If he started out as he means to go on, there may be much to celebrate following the convincing election win of Hassan Rouhani in Iran, in June.
Even as he cast his ballot, Rouhani left no doubt he saw himself as challenging Iranian hardliners head-on. “I have come to destroy extremism,” he boldly announced at the polls.
Travelling around the Gulf states over the past two or three years it has become increasingly evident to me that a real and growing fear exists in that region about what Iran might do next.
The Islamic Republic has, since its inception in 1979, often been a volatile and unpredictable neighbour. But now, with unwanted attentions from the West and Israel over its continuing nuclear programme, in addition to its stepping up of support for radical groups while, at home, Iranians suffer enormous deprivation under the yoke of international sanctions, the ongoing situation is causing much consternation in GCC capitals.

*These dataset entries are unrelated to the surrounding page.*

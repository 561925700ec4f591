-- ===== src/Document/Preserves.antt =====
-- json/decoder.go: a document's tokens spell its source, and a stream of documents goes forward.
use roundtrip.Base.{
  ℕ, ◌<◌, ◌≡◌, refl, ap, ◌∙◌, Text, [], ◌++◌, Bool, true, false, not, length, ◌⊎◌, inl, inr, arith,
}
use roundtrip.Chars.{Unicode, IsUnicode}
use roundtrip.Decoder.Rules.{size, Safe, returns, fails, bind, branch, pure-Safe, fail-Safe}
use roundtrip.Decoder.Scalars.{consume_peek-Safe}
use roundtrip.Decoder.Steps.{Shown, Shown-PeekOk}
use roundtrip.Decoder.{
  start_of, end_of, Decoder, ParseErrorKind, unexpected_token, Result, ok, parse_error,
}
use roundtrip.Document.{Meta, start_tokens, parse_value, require_end, decode_meta}
use roundtrip.Lexer.Lossless.{PeekOk}
use roundtrip.Lexer.{pending}
use roundtrip.Parser.Safe.{parse-Safe}
use roundtrip.Token.{Token, is_eof}
use roundtrip.TokenList.Laws.{Has, elems_text}

-- A token of type EOF is shown when the whole text was taken.
Shown-eof : (t : Token) (d : Decoder) → Shown t d → is_eof t.type ≡ true → pending d.lexer ≡ []
Shown-eof t d (e, inl (_, n)) h = cc
Shown-eof t d (e, inr (a, b, c)) h = rw (e, a, b) refl

-- What is returned for a document whose text is `source`, `at_end` where the input has to end
-- behind the value.
pub data Preserved (at_end : Bool) (source : Text) : Result Meta → Type 0 where
  document :
      {m : Meta} {d : Decoder}
      → elems_text m.tokens.elems ++ pending d.lexer ≡ source
      → (at_end ≡ false) ⊎ (pending d.lexer ≡ [])
      → length (pending d.lexer) < length source
      → PeekOk d.lexer
      → Has m.tokens.elems (start_of m.root)
      → Has m.tokens.elems (end_of m.root)
      → Preserved at_end source (ok m d)
  rejected :
      {e : ParseErrorKind} {t : Token} {d : Decoder}
      → elems_text d.tokens.elems ++ pending d.lexer ≡ source
      → PeekOk d.lexer
      → Preserved at_end source (parse_error e t d)

or_empty : (b : Bool) {s : Text} → (b ≡ true → s ≡ []) → (b ≡ false) ⊎ (s ≡ [])
or_empty true h = inr (h refl)
or_empty false h = inl refl

module _ (u : Unicode) (law : IsUnicode u) where
  require_end-Safe :
      (at_end : Bool) (d : Decoder)
      → PeekOk d.lexer
      → Safe d (λ _ c. at_end ≡ true → pending c.lexer ≡ []) (require_end u at_end d)
  unfolding require_end
  require_end-Safe false d r = pure-Safe tt r λ h. cc
  require_end-Safe true d r = consume_peek-Safe u law _ d r λ t c p s.
      branch (not (is_eof t.type)) _ _ (λ _. fail-Safe unexpected_token t (Shown-PeekOk t c s))
        λ y. pure-Safe tt (Shown-PeekOk t c s) λ _. Shown-eof t c s (ground arith)

  record Complete (at_end : Bool) (bound : ℕ) (m : Meta) (c : Decoder) : Type 0 where
    same : m.tokens ≡ c.tokens
    ends : at_end ≡ true → pending c.lexer ≡ []
    shorter : size c < bound
    start : Has m.tokens.elems (start_of m.root)
    end : Has m.tokens.elems (end_of m.root)

  decode_meta-Safe :
      (at_end : Bool) (d : Decoder)
      → PeekOk d.lexer
      → Safe (start_tokens d) (Complete at_end (size d)) (decode_meta u at_end d)
  unfolding decode_meta parse_value
  decode_meta-Safe at_end d r =
      bind (parse-Safe u law _ (start_tokens d) r (omega arith)) λ root b p w.
        bind (require_end-Safe at_end b p.ready) λ _ c q ends. pure-Safe _ q.ready (record {
          same = refl;
          ends = ends;
          shorter = omega (arith, w.smaller, q.shrinks);
          start = q.elems _ w.start;
          end = q.elems _ w.end;
        })

  preserved :
      (at_end : Bool) (d : Decoder) {r : Result Meta}
      → Safe (start_tokens d) (Complete at_end (size d)) r
      → Preserved at_end (pending d.lexer) r
  preserved at_end d (returns {a = m} {d' = c} k q) =
      document (ap (λ ts. elems_text ts.elems ++ pending c.lexer) q.same ∙ k.text)
        (or_empty at_end q.ends) q.shorter k.ready q.start q.end
  preserved at_end d (fails k) = rejected k.text k.ready

  -- The tables of runes are as documented on ASCII, and a token that is peeked has a literal or ends
  -- the input; the decoder is in any such state, under any syntax options. `decodeMeta` neither
  -- panics nor runs out of fuel. If it returns a document, then the literals of the document's tokens
  -- and the text that is still to come are, in this order, the text that was to come before; with
  -- `requireEOF` nothing is still to come; the text has got shorter; and the first and the last
  -- element of the root node are in the document's token list. If it returns an error, then the
  -- tokens that were taken and the text that is still to come are the text that was to come before.
  pub decode_meta-Preserved :
      (at_end : Bool) (d : Decoder)
      → PeekOk d.lexer
      → Preserved at_end (pending d.lexer) (decode_meta u at_end d)
  decode_meta-Preserved at_end d r = preserved at_end d (decode_meta-Safe at_end d r)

Rouhani – who is scheduled to take over the reins of presidential power in August – has already said Iran must abandon the counterproductive, confrontational course pursued by President Ahmadinejad and seek better relations with the West, in order to secure the lifting of international sanctions. And he has pledged to make Iran’s nuclear programme more transparent.
Rouhani will be no pushover for the West, expect him to stand up to any attempts at domination. While he has close ties to the country’s reformist bloc, he is also a seasoned political insider, having served in trusted positions under two reformist presidents, Ali Akbar Hashemi Rafsanjani (1989-97) and Mohammed Khatami (1997-2005), both of whom threw their weight behind his recent presidential bid.
Although the votes are counted and electoral success confirmed, the road ahead for Rouhani will be a rocky one. The collective voice of the Iranian people may be demanding reform but the opinions of the country’s Supreme Leader Ali Al Khamenei, who holds the real constitutional power in the country, are unlikely to have undergone a seismic shift. He will undoubtedly remain a force to be reckoned with.
Nevertheless, Rouhani’s election success heralds a new dawn of opportunity and challenge for both Iran and the West and one much too precious be squandered.